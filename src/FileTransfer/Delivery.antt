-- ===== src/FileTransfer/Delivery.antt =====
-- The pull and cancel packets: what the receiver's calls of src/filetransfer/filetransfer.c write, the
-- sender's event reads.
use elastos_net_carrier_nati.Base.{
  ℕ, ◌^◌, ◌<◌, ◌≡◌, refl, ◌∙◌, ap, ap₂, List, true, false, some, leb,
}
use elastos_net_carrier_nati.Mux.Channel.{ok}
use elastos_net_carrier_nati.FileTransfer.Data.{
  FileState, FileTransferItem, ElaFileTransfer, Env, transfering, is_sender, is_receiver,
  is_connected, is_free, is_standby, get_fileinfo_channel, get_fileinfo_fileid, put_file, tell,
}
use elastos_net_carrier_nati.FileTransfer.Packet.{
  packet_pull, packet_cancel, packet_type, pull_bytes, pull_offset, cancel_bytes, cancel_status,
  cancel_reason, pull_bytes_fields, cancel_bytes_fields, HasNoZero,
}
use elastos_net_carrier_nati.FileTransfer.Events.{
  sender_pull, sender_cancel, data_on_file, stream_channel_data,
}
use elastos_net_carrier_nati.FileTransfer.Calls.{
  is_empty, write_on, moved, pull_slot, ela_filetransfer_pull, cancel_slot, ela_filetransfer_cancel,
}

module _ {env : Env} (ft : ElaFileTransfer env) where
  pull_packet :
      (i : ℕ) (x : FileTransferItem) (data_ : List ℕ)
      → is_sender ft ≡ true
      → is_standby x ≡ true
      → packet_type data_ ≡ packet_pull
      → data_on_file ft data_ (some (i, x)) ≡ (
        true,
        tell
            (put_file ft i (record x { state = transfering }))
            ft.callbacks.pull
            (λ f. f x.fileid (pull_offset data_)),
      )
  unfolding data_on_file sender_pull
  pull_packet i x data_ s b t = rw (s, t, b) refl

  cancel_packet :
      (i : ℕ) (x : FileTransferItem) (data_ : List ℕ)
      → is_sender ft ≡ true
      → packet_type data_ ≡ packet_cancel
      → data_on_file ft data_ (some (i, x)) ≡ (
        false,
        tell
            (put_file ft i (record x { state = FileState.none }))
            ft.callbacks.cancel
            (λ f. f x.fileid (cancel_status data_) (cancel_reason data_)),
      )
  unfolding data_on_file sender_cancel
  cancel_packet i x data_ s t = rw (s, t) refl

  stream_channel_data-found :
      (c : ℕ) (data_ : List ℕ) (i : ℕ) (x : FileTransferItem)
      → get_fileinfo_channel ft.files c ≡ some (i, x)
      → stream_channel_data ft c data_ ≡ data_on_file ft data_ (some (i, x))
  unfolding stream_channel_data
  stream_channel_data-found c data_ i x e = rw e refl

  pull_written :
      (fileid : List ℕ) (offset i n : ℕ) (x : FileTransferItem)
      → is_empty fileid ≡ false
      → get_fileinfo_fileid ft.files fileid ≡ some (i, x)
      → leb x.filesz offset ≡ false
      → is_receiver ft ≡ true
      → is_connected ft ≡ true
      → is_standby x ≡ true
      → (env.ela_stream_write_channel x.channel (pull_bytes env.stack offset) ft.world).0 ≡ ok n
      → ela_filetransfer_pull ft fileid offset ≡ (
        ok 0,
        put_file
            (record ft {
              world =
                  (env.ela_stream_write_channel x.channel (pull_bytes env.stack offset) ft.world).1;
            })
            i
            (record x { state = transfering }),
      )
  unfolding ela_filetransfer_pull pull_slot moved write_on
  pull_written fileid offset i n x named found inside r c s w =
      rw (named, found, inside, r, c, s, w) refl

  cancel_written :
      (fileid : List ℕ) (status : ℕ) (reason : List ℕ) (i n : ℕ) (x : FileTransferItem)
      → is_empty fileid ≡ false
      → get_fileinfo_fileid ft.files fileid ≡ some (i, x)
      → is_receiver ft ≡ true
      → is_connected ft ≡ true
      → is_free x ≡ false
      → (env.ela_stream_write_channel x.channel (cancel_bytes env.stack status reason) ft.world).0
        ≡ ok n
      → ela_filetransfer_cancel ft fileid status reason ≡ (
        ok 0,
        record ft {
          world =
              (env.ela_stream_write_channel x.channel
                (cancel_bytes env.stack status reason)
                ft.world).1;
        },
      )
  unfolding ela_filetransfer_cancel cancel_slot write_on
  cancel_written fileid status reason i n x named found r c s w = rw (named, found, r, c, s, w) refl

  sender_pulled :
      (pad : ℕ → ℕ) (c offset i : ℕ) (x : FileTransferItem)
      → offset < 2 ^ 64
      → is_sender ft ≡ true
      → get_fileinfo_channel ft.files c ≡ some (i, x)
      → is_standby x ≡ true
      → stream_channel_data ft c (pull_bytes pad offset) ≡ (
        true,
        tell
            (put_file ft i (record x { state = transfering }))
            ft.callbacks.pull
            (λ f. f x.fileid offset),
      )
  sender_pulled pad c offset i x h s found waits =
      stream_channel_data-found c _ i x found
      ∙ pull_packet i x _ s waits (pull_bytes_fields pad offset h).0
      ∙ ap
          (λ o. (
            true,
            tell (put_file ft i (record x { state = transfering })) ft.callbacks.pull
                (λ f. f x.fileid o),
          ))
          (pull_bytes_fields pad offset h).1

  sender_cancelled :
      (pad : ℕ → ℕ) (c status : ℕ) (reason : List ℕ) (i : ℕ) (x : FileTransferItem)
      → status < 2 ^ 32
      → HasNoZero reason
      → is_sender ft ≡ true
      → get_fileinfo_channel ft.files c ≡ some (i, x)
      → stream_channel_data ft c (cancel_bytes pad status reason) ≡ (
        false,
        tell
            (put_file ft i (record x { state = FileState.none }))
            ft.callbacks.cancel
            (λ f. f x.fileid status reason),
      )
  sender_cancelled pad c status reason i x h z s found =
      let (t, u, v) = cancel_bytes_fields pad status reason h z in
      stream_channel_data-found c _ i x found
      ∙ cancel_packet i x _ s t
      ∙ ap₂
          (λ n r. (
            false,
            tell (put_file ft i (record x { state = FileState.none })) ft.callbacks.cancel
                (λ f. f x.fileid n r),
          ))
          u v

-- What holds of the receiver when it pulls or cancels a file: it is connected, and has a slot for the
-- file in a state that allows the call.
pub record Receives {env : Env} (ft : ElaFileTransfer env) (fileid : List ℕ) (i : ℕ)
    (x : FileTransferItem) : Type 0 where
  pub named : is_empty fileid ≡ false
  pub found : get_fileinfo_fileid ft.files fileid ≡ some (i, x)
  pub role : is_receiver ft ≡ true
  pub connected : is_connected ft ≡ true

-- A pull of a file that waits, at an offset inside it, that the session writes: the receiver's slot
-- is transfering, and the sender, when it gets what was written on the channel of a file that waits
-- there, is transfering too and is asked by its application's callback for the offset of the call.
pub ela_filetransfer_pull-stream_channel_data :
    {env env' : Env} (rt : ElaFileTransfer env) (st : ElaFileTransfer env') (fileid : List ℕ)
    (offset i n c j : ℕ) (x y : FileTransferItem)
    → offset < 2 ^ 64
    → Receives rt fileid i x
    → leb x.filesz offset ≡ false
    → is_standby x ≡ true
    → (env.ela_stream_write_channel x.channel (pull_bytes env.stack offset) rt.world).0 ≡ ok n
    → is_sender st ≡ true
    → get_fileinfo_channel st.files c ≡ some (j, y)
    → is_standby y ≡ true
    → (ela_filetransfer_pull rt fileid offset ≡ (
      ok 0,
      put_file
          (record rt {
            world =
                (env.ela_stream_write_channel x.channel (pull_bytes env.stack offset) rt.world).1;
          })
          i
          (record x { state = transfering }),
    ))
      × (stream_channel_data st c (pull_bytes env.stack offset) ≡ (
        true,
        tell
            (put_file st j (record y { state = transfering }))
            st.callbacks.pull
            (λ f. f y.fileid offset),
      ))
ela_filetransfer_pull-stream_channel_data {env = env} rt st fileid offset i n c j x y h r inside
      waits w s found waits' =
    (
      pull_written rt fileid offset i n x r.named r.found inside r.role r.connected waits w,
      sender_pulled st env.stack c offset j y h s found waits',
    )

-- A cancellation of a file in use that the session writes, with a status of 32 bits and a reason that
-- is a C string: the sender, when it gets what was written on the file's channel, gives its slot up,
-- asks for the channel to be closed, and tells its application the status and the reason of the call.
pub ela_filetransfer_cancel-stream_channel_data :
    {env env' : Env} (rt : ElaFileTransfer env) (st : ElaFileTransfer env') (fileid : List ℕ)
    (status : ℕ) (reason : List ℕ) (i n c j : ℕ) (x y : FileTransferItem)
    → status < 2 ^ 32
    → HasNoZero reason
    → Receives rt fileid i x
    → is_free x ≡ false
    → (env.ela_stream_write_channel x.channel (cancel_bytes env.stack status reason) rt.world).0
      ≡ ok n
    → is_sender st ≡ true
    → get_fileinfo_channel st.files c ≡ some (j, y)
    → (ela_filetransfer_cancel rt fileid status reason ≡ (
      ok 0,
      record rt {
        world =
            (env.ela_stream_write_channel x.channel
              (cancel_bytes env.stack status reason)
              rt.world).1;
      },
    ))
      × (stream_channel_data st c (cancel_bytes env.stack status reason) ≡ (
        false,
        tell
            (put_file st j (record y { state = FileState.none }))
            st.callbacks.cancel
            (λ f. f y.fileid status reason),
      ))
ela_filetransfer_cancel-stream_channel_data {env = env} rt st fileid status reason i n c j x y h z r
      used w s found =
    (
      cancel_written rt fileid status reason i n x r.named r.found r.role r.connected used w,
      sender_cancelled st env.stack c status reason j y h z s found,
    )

⁂

TASK DIRECTIONS —
Copy the lines of the entries above that mention "named".

EXERCISE RESPONSE —
  pull_written fileid offset i n x named found inside r c s w =
      rw (named, found, inside, r, c, s, w) refl
  cancel_written fileid status reason i n x named found r c s w = rw (named, found, r, c, s, w) refl
  pub named : is_empty fileid ≡ false
      pull_written rt fileid offset i n x r.named r.found inside r.role r.connected waits w,
      cancel_written rt fileid status reason i n x r.named r.found r.role r.connected used w,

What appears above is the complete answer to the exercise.